August Schwerdfeger

Research & Engineering

My primary research interest is programming languages, specifically the development of exchange formats and interfaces for tool interoperability. My interests outside of work (and sometimes inside) include photography, mentoring young inventors, and diving into local history.

Background

August Schwerdfeger’s area of research includes compilers and programming languages, with a specific focus on parsing, automated language translation, and modular extensibility.

Since joining Adventium (now Galois) in 2010, August’s primary activity has been tool development related to his work with parsing and automated language translation. He has developed a set of XML schemas for the tools of the CAMET® Library to improve interoperability between them, and allow users of the tools to customize their output to suit site-specific requirements.

Using the extensible language tools he co-developed at the University of Minnesota, August enabled the integration of nine different modeling environments into the FUSED framework. He also developed translations among a series of modeling languages for mission-planning applications, and specified a formal type system and type checking apparatus for the NASA-developed Action Notation Modeling Language (ANML).

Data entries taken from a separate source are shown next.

-- ===== src/Connection/Send.antt =====
-- `connection::poll_send` of server/connection.cpp.
use irc_chat.Base.{
  ℕ, zero, suc, List, [], ◌∷◌, ◌++◌, Option, none, some, Str, take, drop, Result, ok, throw,
  runtime_error, null_deref,
}
use irc_chat.Registry.{PollRegistry, unregister_event}
use irc_chat.Connection.{Connection, disconnect}

-- What `send` with `MSG_DONTWAIT` answers: so many bytes taken, `EWOULDBLOCK` or `EAGAIN`, or another
-- error.
pub data SendResult : Type 0 where
  sent : ℕ → SendResult
  would_block failed : SendResult

-- The kernel: the answer to the n-th `send` of one `poll_send`, on that buffer.
abbrev pub Kernel : Type 0
Kernel = ℕ → Str → SendResult

-- How a run of the loop ends: with nothing left to send, with the slice and the queue that stay for the
-- next time, with the stream at its end, or by an error.
pub data SendEnd : Type 0 where
  drained : SendEnd
  blocked closed : Str → List Str → SendEnd
  faulted : SendEnd
  underflow : SendEnd

-- The bytes that the kernel took, and the end.
abbrev pub SendRun : Type 0
SendRun = Str × SendEnd

abbrev pub taking : Str → SendRun → SendRun
taking s (t, e) = (s ++ t, e)

-- One round from `nonblocking_send` on, with `_send_buf` at `buf` and the queue that holds its text at
-- the front; `next` is the rest of the loop, once that text is sent and popped.
unfoldable pub send_slice : SendResult → Str → List Str → SendRun → SendRun
send_slice would_block buf queue next = ([], blocked buf queue)
send_slice failed buf queue next = ([], faulted)
send_slice (sent n) buf queue next = elim n [
  | zero ↦ ([], closed buf queue)
  | suc m ↦ elim (drop (suc m) buf) [
    | [] ↦ taking (take (suc m) buf) next
    | c ∷ rest ↦ (take (suc m) buf, blocked (c ∷ rest) queue)
  ]
]

-- The loop from an empty `_send_buf` on. Each round pops one text or is the last.
unfoldable pub send_loop : Kernel → ℕ → List Str → SendRun
unfolding send_slice
send_loop k i [] = ([], drained)
send_loop k i (q ∷ qs) = let rest = send_loop k (suc i) qs in send_slice (k i q) q (q ∷ qs) rest

-- The loop as `poll_send` enters it. A slice with no text behind it is never reached: popping the empty
-- queue would be undefined.
unfoldable pub send_from : Kernel → Str → List Str → SendRun
unfolding send_loop
send_from k [] queue = send_loop k 0 queue
send_from k (c ∷ buf) [] = send_slice (k 0 (c ∷ buf)) (c ∷ buf) [] ([], underflow)
send_from k (c ∷ buf) (q ∷ qs) = send_slice (k 0 (c ∷ buf)) (c ∷ buf) (q ∷ qs) (send_loop k 1 qs)

abbrev pub take_bytes : Str → Connection → Connection
take_bytes s c = record c { stream = record { fd = c.stream.fd; taken = c.stream.taken ++ s } }

-- `unregister_event(*_send_tok)`, then `_send_tok = std::nullopt`.
unfoldable pub stop_sending :
    Connection → PollRegistry → Option ℕ → Result (Connection × PollRegistry)
stop_sending c r none = throw null_deref
stop_sending c r (some tok) = ok (record c { send_tok = none }, (unregister_event tok r).0)

unfoldable pub end_sending :
    Connection → PollRegistry → SendEnd → Result (Connection × PollRegistry)
unfolding stop_sending
end_sending c r drained = stop_sending (record c { send_buf = []; send_queue = [] }) r c.send_tok
end_sending c r (blocked buf queue) = ok (record c { send_buf = buf; send_queue = queue }, r)
end_sending c r (closed buf queue) =
    ok (disconnect (record c { send_buf = buf; send_queue = queue }) r)
end_sending c r faulted = throw runtime_error
end_sending c r underflow = throw null_deref

unfoldable pub poll_send : Kernel → Connection → PollRegistry → Result (Connection × PollRegistry)
unfolding send_from end_sending
poll_send k c r =
    let (bytes, e) = send_from k c.send_buf c.send_queue in end_sending (take_bytes bytes c) r e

August was the primary developer of Adventium’s STEAF package providing an interface between geographic information systems and statistical environments. Additionally, he assisted in the creation of the interactive mobile apps developed by Adventium’s subsidiary, Andamio Games. This included writing formal specifications for the simulators used in the apps, as well as a translation that distilled a neuroscientific model of the brain into a form usable by the iNeuron app.

As a member of the MELT research group at the University of Minnesota, August developed an improved scanning algorithm that takes parser context into account and developed an integrated parser and scanner generation tool, Copper, based on these algorithms.

He has a B.S., M.S., and Ph.D. in Computer Science from the University of Minnesota.